80 Así habló Polidamante, y su prudente consejo plugo á Héctor, el cual, en seguida y sin dejar las armas, saltó del carro á tierra. Los demás teucros tampoco permanecieron en sus carros; pues así que vieron que el divino Héctor lo dejaba, apeáronse todos, mandaron á los aurigas que pusieran los caballos en línea junto al foso, y agrupándose formaron cinco batallones que, regidos por sus respectivos jefes, emprendieron la marcha.

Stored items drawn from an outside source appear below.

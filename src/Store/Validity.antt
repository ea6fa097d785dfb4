-- ===== src/Store/Validity.antt =====
-- The invariant of the table `devices`, and what each way to change its rows keeps of it.
pub mod Statements
use mathlib.Core.List.{foldl}
use beacon_v.Prelude.{
  ℕ, suc, ◌≤◌, String, true, false, Option, none, some, List, [], ◌∷◌, ◌++◌, ◌==◌, ℤ, ◌≡◌, refl, ap,
  arith, eq_iff, Bool-cases, inl, inr, All, All-append, Option-cases, if-holds, ◌∙◌,
}
use beacon_v.World.{Json, Row, World, Env}
use beacon_v.Store.{has_id, find_id, find_ip, checked, set_column}
use beacon_v.Store.Devices.{insert_row, replace, remove, updated, update_found, delete_found}

-- The ids ascend strictly, from `lo` on and below `hi`.
abbrev pub Ordered : ℕ → List Row → ℕ → Type 0
Ordered lo [] hi = lo ≤ hi
Ordered lo (r ∷ rs) hi = (lo ≤ r.id) × Ordered (suc r.id) rs hi

-- No two rows have one address.
abbrev pub Distinct : List Row → Type 0
Distinct [] = Unit
Distinct (r ∷ rs) = (find_ip r.ip_address rs ≡ none) × Distinct rs

abbrev pub IsChecked : Row → Type 0
IsChecked r = checked r ≡ true

pub record IsValid (w : World) : Type 0 where
  pub ordered : Ordered 1 w.devices w.next_id
  pub distinct : Distinct w.devices
  pub constrained : All IsChecked w.devices

pub Ordered-append :
    (lo : ℕ) (rs : List Row) (hi : ℕ) (r : Row)
    → r.id ≡ hi
    → Ordered lo rs hi
    → Ordered lo (rs ++ r ∷ []) (suc hi)
Ordered-append lo [] hi r e h = (omega arith, omega arith)
Ordered-append lo (q ∷ rs) hi r e h = (h.0, Ordered-append (suc q.id) rs hi r e h.1)

pub Ordered-lower :
    (lo k : ℕ) (rs : List Row) (hi : ℕ) → k ≤ lo → Ordered lo rs hi → Ordered k rs hi
Ordered-lower lo k [] hi e h = omega arith
Ordered-lower lo k (r ∷ rs) hi e h = (omega arith, h.1)

find_ip-append :
    (ip : String) (rs : List Row) (r : Row)
    → find_ip ip rs ≡ none
    → (r.ip_address == ip) ≡ false
    → find_ip ip (rs ++ r ∷ []) ≡ none
unfolding find_ip
find_ip-append ip [] r h e = rw e
find_ip-append ip (q ∷ rs) r h e = elim (Bool-cases (q.ip_address == ip)) [
  | inl t ↦ absurd (ground arith)
  | inr f ↦ rw f (find_ip-append ip rs r (ground arith) e)
]

pub Distinct-append :
    (rs : List Row) (r : Row)
    → find_ip r.ip_address rs ≡ none
    → Distinct rs
    → Distinct (rs ++ r ∷ [])
unfolding find_ip
Distinct-append [] r h d = (refl, tt)
Distinct-append (q ∷ rs) r h d = elim (Bool-cases (q.ip_address == r.ip_address)) [
  | inl t ↦ absurd (ground arith)
  | inr f ↦ (
    find_ip-append q.ip_address rs r d.0
        (ground (arith, eq_iff q.ip_address r.ip_address, eq_iff r.ip_address q.ip_address)),
    Distinct-append rs r (ground arith) d.1,
  )
]

pub found_here :
    (id : ℤ) (q r : Row) (rs : List Row) → has_id id q ≡ true → find_id id (q ∷ rs) ≡ some r → r ≡ q
unfolding find_id
found_here id q r rs t f = let first : some q ≡ some r = rw t at f in cc

module _ (id : ℤ) (new : Row) where
  pub Ordered-replace :
      (lo : ℕ) (rs : List Row) (hi : ℕ) (r : Row)
      → find_id id rs ≡ some r
      → new.id ≡ r.id
      → Ordered lo rs hi
      → Ordered lo (replace id new rs) hi
  unfolding replace find_id
  Ordered-replace lo [] hi r f e h = h
  Ordered-replace lo (q ∷ rs) hi r f e h = elim (Bool-cases (has_id id q)) [
    | inl t ↦
        let same : new.id ≡ q.id = e ∙ ap (λ x. x.id) (found_here id q r rs t f) in
        rw t (omega (arith, h.0), rw same h.1)
    | inr n ↦ rw n (h.0, Ordered-replace (suc q.id) rs hi r (ground arith) e h.1)
  ]

  find_ip-replace :
      (ip : String) (rs : List Row) (r : Row)
      → find_id id rs ≡ some r
      → new.ip_address ≡ r.ip_address
      → find_ip ip rs ≡ none
      → find_ip ip (replace id new rs) ≡ none
  unfolding replace find_id find_ip
  find_ip-replace ip [] r f e h = refl
  find_ip-replace ip (q ∷ rs) r f e h =
      ground (arith, find_ip-replace ip rs r, eq_iff q.ip_address ip)

  pub Distinct-replace :
      (rs : List Row) (r : Row)
      → find_id id rs ≡ some r
      → new.ip_address ≡ r.ip_address
      → Distinct rs
      → Distinct (replace id new rs)
  unfolding replace find_id
  Distinct-replace [] r f e d = tt
  Distinct-replace (q ∷ rs) r f e d = elim (Bool-cases (has_id id q)) [
    | inl t ↦
        let same : new.ip_address ≡ q.ip_address =
          e ∙ ap (λ x. x.ip_address) (found_here id q r rs t f) in
        rw t (rw same d.0, d.1)
    | inr n ↦ rw n (
      find_ip-replace q.ip_address rs r (ground arith) e d.0,
      Distinct-replace rs r (ground arith) e d.1,
    )
  ]

  pub All-replace :
      (rs : List Row) → IsChecked new → All IsChecked rs → All IsChecked (replace id new rs)
  unfolding replace
  All-replace [] c h = tt
  All-replace (q ∷ rs) c h = elim (Bool-cases (has_id id q)) [
    | inl t ↦ rw t (c, h.1)
    | inr n ↦ rw n (h.0, All-replace rs c h.1)
  ]

module _ (id : ℤ) where
  pub Ordered-remove :
      (lo : ℕ) (rs : List Row) (hi : ℕ) → Ordered lo rs hi → Ordered lo (remove id rs) hi
  unfolding remove
  Ordered-remove lo [] hi h = h
  Ordered-remove lo (q ∷ rs) hi h = elim (Bool-cases (has_id id q)) [
    | inl t ↦ rw t (Ordered-lower (suc q.id) lo rs hi (omega (arith, h.0)) h.1)
    | inr n ↦ rw n (h.0, Ordered-remove (suc q.id) rs hi h.1)
  ]

  find_ip-remove :
      (ip : String) (rs : List Row) → find_ip ip rs ≡ none → find_ip ip (remove id rs) ≡ none
  unfolding remove find_ip
  find_ip-remove ip [] h = refl
  find_ip-remove ip (q ∷ rs) h = ground (arith, find_ip-remove ip rs)

  pub Distinct-remove : (rs : List Row) → Distinct rs → Distinct (remove id rs)
  unfolding remove
  Distinct-remove [] d = tt
  Distinct-remove (q ∷ rs) d = elim (Bool-cases (has_id id q)) [
    | inl t ↦ rw t d.1
    | inr n ↦ rw n (find_ip-remove q.ip_address rs d.0, Distinct-remove rs d.1)
  ]

  All-remove {κ} : (P : Row → Type κ) (rs : List Row) → All P rs → All P (remove id rs)
  unfolding remove
  All-remove P [] h = tt
  All-remove P (q ∷ rs) h = elim (Bool-cases (has_id id q)) [
    | inl t ↦ rw t h.1
    | inr n ↦ rw n (h.0, All-remove P rs h.1)
  ]

-- An UPDATE leaves the id and the address of a row.
abbrev pub Kept : Row → Row → Type 0
Kept r q = (q.id ≡ r.id) × (q.ip_address ≡ r.ip_address)

set_column-Kept : (env : Env) (r : Row) (u : String × Json) → Kept r (set_column env r u)
unfolding set_column
set_column-Kept env r (col, v) =
    let keep = if-holds (Kept r) in
    let done : (r.id ≡ r.id) × (r.ip_address ≡ r.ip_address) = (refl, refl) in
    keep (col == "hostname") _ _ done (
      keep (col == "snmp_version") _ _ done (
        keep (col == "community") _ _ done (
          keep (col == "v3_user") _ _ done (
            keep (col == "v3_auth_key") _ _ done (
              keep (col == "v3_priv_key") _ _ done (
                keep (col == "v3_auth_protocol") _ _ done (
                  keep (col == "v3_priv_protocol") _ _ done (
                    keep (col == "group_name") _ _ done (
                      keep (col == "status") _ _ done (
                        keep (col == "is_public_ip") _ _ done
                          (keep (col == "discovered_via") _ _ done done)))))))))))

pub set_columns-Kept :
    (env : Env) (us : List (String × Json)) (r : Row) → Kept r (foldl (set_column env) r us)
set_columns-Kept env [] r = (refl, refl)
set_columns-Kept env (u ∷ us) r =
    let (id, ip) = set_columns-Kept env us (set_column env r u) in
    let (id', ip') = set_column-Kept env r u in (id ∙ id', ip ∙ ip')

pub updated-Kept :
    (env : Env) (now : String) (us : List (String × Json)) (r : Row) → Kept r (updated env now us r)
unfolding updated
updated-Kept env now us r = set_columns-Kept env us r
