-- ===== src/Store/MapView.antt =====
-- The table `devices` as a finite map from ids to rows: each operation of
-- internal/store/devices.go is one step on the map, and a failing one is none.
use mathlib.Core.Path.{subst}
use beacon_v.Prelude.{
  ℕ, suc, ◌≤◌, String, Bool, false, Option, none, some, List, [], ◌∷◌, ◌++◌, eqb, ℤ, pos, negsuc,
  if◌then◌else◌, ◌≡◌, refl, sym, ap, ◌∙◌, arith, Bool-cases, inl, inr,
}
use beacon_v.Exec.{ok}
use beacon_v.World.{Json, Row, World, Env}
use beacon_v.Store.{Device, find_id}
use beacon_v.Store.Devices.{inserted, with_status, replace, remove, updated, create, update, delete}
use beacon_v.Store.Success.{create-ok, update-ok, delete-ok}
use beacon_v.Store.Validity.{updated-Kept, IsValid, Ordered, found_here}

abbrev pub same_id : ℤ → ℤ → Bool
same_id (pos a) (pos b) = eqb a b
same_id (negsuc a) (negsuc b) = eqb a b
same_id _ _ = false

find_id-below :
    (n lo : ℕ) (rs : List Row) (hi : ℕ) → suc n ≤ lo → Ordered lo rs hi → find_id (pos n) rs ≡ none
unfolding find_id
find_id-below n lo [] hi e h = refl
find_id-below n lo (r ∷ rs) hi e h = ground (arith, find_id-below n (suc r.id) rs hi)

Ordered-le : (lo : ℕ) (rs : List Row) (hi : ℕ) → Ordered lo rs hi → lo ≤ hi
Ordered-le lo [] hi h = h
Ordered-le lo (r ∷ rs) hi h = omega (arith, h.0, Ordered-le (suc r.id) rs hi h.1)

pub find_id-fresh :
    (lo : ℕ) (rs : List Row) (hi : ℕ) → Ordered lo rs hi → find_id (pos hi) rs ≡ none
unfolding find_id
find_id-fresh lo [] hi h = refl
find_id-fresh lo (r ∷ rs) hi h =
    ground (arith, Ordered-le (suc r.id) rs hi h.1, find_id-fresh (suc r.id) rs hi h.1)

-- No row has a negative id.
find_id-negative : (n : ℕ) (rs : List Row) → find_id (negsuc n) rs ≡ none
unfolding find_id
find_id-negative n [] = refl
find_id-negative n (r ∷ rs) = find_id-negative n rs

pub find_id-append :
    (j : ℤ) (rs : List Row) (r : Row)
    → find_id (pos r.id) rs ≡ none
    → find_id j (rs ++ r ∷ []) ≡ (if same_id j (pos r.id) then some r else find_id j rs)
unfolding find_id
find_id-append (negsuc n) rs r h = find_id-negative n (rs ++ r ∷ []) ∙ sym (find_id-negative n rs)
find_id-append (pos n) [] r h = refl
find_id-append (pos n) (q ∷ rs) r h = ground (arith, find_id-append (pos n) rs r)

pub find_id-replace :
    (id j : ℤ) (new r : Row) (rs : List Row)
    → find_id id rs ≡ some r
    → new.id ≡ r.id
    → find_id j (replace id new rs) ≡ (if same_id j id then some new else find_id j rs)
unfolding find_id replace
find_id-replace (negsuc n) j new r rs f e = absurd (cc (find_id-negative n rs))
find_id-replace (pos n) (negsuc m) new r rs f e =
    find_id-negative m (replace (pos n) new rs) ∙ sym (find_id-negative m rs)
find_id-replace (pos n) (pos m) new r [] f e = cc
find_id-replace (pos n) (pos m) new r (q ∷ rs) f e = elim (Bool-cases (eqb n q.id)) [
  | inl t ↦
      let same : new.id ≡ q.id = e ∙ ap (λ x. x.id) (found_here (pos n) q r rs t f) in
      rw (t, same) (ground arith)
  | inr u ↦ rw u (ground (arith, find_id-replace (pos n) (pos m) new r rs (rw u at f) e))
]

remove-negative : (n : ℕ) (rs : List Row) → remove (negsuc n) rs ≡ rs
unfolding remove
remove-negative n [] = refl
remove-negative n (r ∷ rs) = rw (remove-negative n rs)

pub find_id-remove :
    (id j : ℤ) (lo : ℕ) (rs : List Row) (hi : ℕ)
    → Ordered lo rs hi
    → find_id j (remove id rs) ≡ (if same_id j id then none else find_id j rs)
unfolding find_id remove
find_id-remove (pos n) (pos m) lo [] hi h = ground arith
find_id-remove (pos n) (pos m) lo (q ∷ rs) hi h = ground (
  arith,
  find_id-remove (pos n) (pos m) (suc q.id) rs hi h.1,
  find_id-below q.id (suc q.id) rs hi (omega arith) h.1,
)
find_id-remove (pos n) (negsuc m) lo rs hi h =
    find_id-negative m (remove (pos n) rs) ∙ sym (find_id-negative m rs)
find_id-remove (negsuc n) (pos m) lo rs hi h = rw (remove-negative n rs)
find_id-remove (negsuc n) (negsuc m) lo rs hi h =
    rw (remove-negative n rs, find_id-negative m rs) (ground arith)

abbrev pub row_at : ℤ → World → Option Row
row_at j w = find_id j w.devices

module _ (env : Env) (w : World) (valid : IsValid w) where
  -- On a valid table, a successful Create gives the next id, and adds a row at that id alone: the device's fields, with
  -- "pending" for an empty status, and the time of the statement.
  pub create-row_at :
      (d : Device) (id : ℕ)
      → (create env d w).0 ≡ ok id
      → (id ≡ w.next_id)
        × ((j : ℤ)
            → row_at j (create env d w).1 ≡ (
                if same_id j (pos id)
                then some (inserted (with_status d) id (env.now w.ticks))
                else row_at j w))
  create-row_at d id e =
      let (ins, state) = create-ok env w d id e in
      let new : ℕ → Row = λ n. inserted (with_status d) n (env.now w.ticks) in
      let rows : (create env d w).1.devices ≡ w.devices ++ new w.next_id ∷ [] =
        ap (λ x. x.devices) state ∙ ins.rows in
      let fresh = find_id-fresh 1 w.devices w.next_id valid.ordered in
      (
        sym ins.next,
        λ j. rw rows (
            subst
              (λ n.
                find_id j (w.devices ++ new w.next_id ∷ [])
                ≡ (if same_id j (pos n) then some (new n) else find_id j w.devices))
              ins.next (find_id-append j w.devices (new w.next_id) fresh)),
      )

  -- On a valid table, a successful Update of at least one column changes the row with this id alone, which was there.
  pub update-row_at :
      (id : ℤ) (u : String × Json) (us : List (String × Json))
      → (update env id (u ∷ us) w).0 ≡ ok tt
      → (r : Row) × (row_at id w ≡ some r)
        × ((j : ℤ)
            → row_at j (update env id (u ∷ us) w).1 ≡ (
                if same_id j id
                then some (updated env (env.now w.ticks) (u ∷ us) r)
                else row_at j w))
  update-row_at id u us e =
      let (r, up, state) = update-ok env w id u us e in
      (
        r,
        up.found,
        λ j.
            rw (state, up.rows)
              (find_id-replace id j _ r w.devices up.found (updated-Kept env _ (u ∷ us) r).0),
      )

  -- On a valid table, a successful Delete removes the row with this id and no other.
  pub delete-row_at :
      (id : ℤ)
      → (delete env id w).0 ≡ ok tt
      → (j : ℤ) → row_at j (delete env id w).1 ≡ (if same_id j id then none else row_at j w)
  delete-row_at id e j =
      let (r, found, rows) = delete-ok env w id e in
      rw rows (find_id-remove id j 1 w.devices w.next_id valid.ordered)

88 Iban con Héctor y Polidamante los más y mejores, que anhelaban romper el muro y pelear cerca de las cóncavas naves; su tercer jefe era Cebrión, porque Héctor había dejado á otro auriga inferior para cuidar del carro. De otro batallón eran caudillos Paris, Alcátoo y Agenor. El tercero lo mandaban Heleno y el deiforme Deífobo, hijos de Príamo, y el héroe Asio Hirtácida, que había venido de Arisbe, de las orillas del río Seleente, en un carro tirado por altos y fogosos corceles. El cuarto lo regía Eneas, valiente hijo de Anquises, y con él Arquéloco y Acamante, hijos de Antenor, diestros en toda suerte de combates. Por último, Sarpedón se puso al frente de los ilustres aliados, eligiendo por compañeros á Glauco y al belígero Asteropeo, á quienes tenía por los más valientes después de sí mismo, pues él descollaba entre todos. Tan pronto como hubieron embrazado los fuertes escudos y cerrado las filas, marcharon animosos contra los dánaos; y esperaban que éstos, lejos de oponer resistencia, se refugiarían en las negras naves.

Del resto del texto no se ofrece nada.